Repeat exactly, and only, the lines below starting at the line that contains "answered (not_found host)" and ending at the line that contains "handle_public_connection tries = start_proxy", inclusive of both.

Saved data entries:
※ ※ ※
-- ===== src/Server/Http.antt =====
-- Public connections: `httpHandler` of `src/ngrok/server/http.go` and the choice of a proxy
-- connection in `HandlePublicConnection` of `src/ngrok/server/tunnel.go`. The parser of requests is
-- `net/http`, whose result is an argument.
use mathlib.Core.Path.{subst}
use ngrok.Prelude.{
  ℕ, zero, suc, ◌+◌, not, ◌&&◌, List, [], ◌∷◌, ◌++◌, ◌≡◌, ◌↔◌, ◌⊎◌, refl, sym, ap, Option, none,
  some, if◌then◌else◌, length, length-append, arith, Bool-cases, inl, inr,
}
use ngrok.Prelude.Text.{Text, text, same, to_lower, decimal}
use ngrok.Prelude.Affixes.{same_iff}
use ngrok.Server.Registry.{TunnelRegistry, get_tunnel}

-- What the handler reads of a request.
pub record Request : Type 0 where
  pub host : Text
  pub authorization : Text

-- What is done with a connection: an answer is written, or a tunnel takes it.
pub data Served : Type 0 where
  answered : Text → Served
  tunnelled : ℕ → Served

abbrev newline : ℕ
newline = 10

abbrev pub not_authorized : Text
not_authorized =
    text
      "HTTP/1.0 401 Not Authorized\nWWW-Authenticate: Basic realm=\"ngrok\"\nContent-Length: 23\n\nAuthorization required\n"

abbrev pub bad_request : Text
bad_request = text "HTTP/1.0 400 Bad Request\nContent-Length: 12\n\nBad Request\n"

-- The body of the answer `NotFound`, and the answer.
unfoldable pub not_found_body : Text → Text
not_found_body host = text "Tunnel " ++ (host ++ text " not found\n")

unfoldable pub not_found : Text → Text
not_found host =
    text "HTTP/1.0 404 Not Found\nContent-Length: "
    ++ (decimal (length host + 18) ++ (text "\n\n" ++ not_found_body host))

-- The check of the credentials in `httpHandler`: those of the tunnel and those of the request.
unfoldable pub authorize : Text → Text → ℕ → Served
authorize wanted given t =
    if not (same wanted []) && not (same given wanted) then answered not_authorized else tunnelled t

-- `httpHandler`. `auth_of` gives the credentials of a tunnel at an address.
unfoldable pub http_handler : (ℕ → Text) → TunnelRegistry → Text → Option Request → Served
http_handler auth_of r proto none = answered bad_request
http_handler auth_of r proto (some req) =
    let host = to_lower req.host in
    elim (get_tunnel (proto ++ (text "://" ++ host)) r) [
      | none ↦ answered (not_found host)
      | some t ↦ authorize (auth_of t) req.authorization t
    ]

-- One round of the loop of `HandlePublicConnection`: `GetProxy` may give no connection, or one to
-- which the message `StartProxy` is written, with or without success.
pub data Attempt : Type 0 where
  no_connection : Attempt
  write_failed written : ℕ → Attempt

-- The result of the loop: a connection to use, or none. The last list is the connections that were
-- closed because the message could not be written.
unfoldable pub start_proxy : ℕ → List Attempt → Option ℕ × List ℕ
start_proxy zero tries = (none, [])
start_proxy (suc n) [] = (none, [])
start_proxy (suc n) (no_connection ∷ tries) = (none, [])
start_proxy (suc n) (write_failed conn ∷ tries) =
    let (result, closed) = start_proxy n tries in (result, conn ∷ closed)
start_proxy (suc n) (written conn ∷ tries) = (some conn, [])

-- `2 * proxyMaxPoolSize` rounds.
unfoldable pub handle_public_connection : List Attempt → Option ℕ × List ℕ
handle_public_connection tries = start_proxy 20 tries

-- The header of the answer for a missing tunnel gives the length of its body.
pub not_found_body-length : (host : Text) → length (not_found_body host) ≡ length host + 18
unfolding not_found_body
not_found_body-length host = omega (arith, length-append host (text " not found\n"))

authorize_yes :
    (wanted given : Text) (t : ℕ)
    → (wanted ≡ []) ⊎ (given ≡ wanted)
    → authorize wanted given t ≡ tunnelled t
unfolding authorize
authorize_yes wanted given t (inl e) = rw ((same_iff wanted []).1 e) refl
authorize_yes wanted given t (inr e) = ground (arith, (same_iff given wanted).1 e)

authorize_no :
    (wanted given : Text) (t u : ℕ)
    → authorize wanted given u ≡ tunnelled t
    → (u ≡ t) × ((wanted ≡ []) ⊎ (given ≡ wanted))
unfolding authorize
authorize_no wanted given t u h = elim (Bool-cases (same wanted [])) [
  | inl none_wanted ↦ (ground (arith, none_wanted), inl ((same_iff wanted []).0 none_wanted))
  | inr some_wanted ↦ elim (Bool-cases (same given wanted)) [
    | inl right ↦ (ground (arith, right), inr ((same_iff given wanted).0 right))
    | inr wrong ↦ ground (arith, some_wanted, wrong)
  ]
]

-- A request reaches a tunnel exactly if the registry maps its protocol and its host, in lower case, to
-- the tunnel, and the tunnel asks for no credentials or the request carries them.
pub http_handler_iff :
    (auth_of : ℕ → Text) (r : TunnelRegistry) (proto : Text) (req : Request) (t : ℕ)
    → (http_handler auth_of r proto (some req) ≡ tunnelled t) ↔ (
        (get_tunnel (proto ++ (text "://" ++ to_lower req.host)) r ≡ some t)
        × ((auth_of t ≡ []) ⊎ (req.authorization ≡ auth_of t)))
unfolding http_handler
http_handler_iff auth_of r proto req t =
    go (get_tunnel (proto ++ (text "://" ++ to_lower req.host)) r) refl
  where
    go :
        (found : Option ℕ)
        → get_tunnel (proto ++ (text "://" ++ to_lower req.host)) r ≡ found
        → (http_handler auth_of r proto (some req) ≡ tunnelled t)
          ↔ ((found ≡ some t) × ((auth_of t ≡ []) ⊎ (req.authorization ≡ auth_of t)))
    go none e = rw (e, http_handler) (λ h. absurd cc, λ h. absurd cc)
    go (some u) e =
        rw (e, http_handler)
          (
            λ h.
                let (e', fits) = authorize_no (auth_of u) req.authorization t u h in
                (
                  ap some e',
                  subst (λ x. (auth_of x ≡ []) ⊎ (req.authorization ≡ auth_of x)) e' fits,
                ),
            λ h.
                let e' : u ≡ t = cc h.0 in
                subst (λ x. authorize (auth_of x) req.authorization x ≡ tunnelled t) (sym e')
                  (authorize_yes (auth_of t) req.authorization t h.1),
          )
※ ※ ※
RESPONSE BOX:
      | none ↦ answered (not_found host)
      | some t ↦ authorize (auth_of t) req.authorization t
    ]

-- One round of the loop of `HandlePublicConnection`: `GetProxy` may give no connection, or one to
-- which the message `StartProxy` is written, with or without success.
pub data Attempt : Type 0 where
  no_connection : Attempt
  write_failed written : ℕ → Attempt

-- The result of the loop: a connection to use, or none. The last list is the connections that were
-- closed because the message could not be written.
unfoldable pub start_proxy : ℕ → List Attempt → Option ℕ × List ℕ
start_proxy zero tries = (none, [])
start_proxy (suc n) [] = (none, [])
start_proxy (suc n) (no_connection ∷ tries) = (none, [])
start_proxy (suc n) (write_failed conn ∷ tries) =
    let (result, closed) = start_proxy n tries in (result, conn ∷ closed)
start_proxy (suc n) (written conn ∷ tries) = (some conn, [])

-- `2 * proxyMaxPoolSize` rounds.
unfoldable pub handle_public_connection : List Attempt → Option ℕ × List ℕ
handle_public_connection tries = start_proxy 20 tries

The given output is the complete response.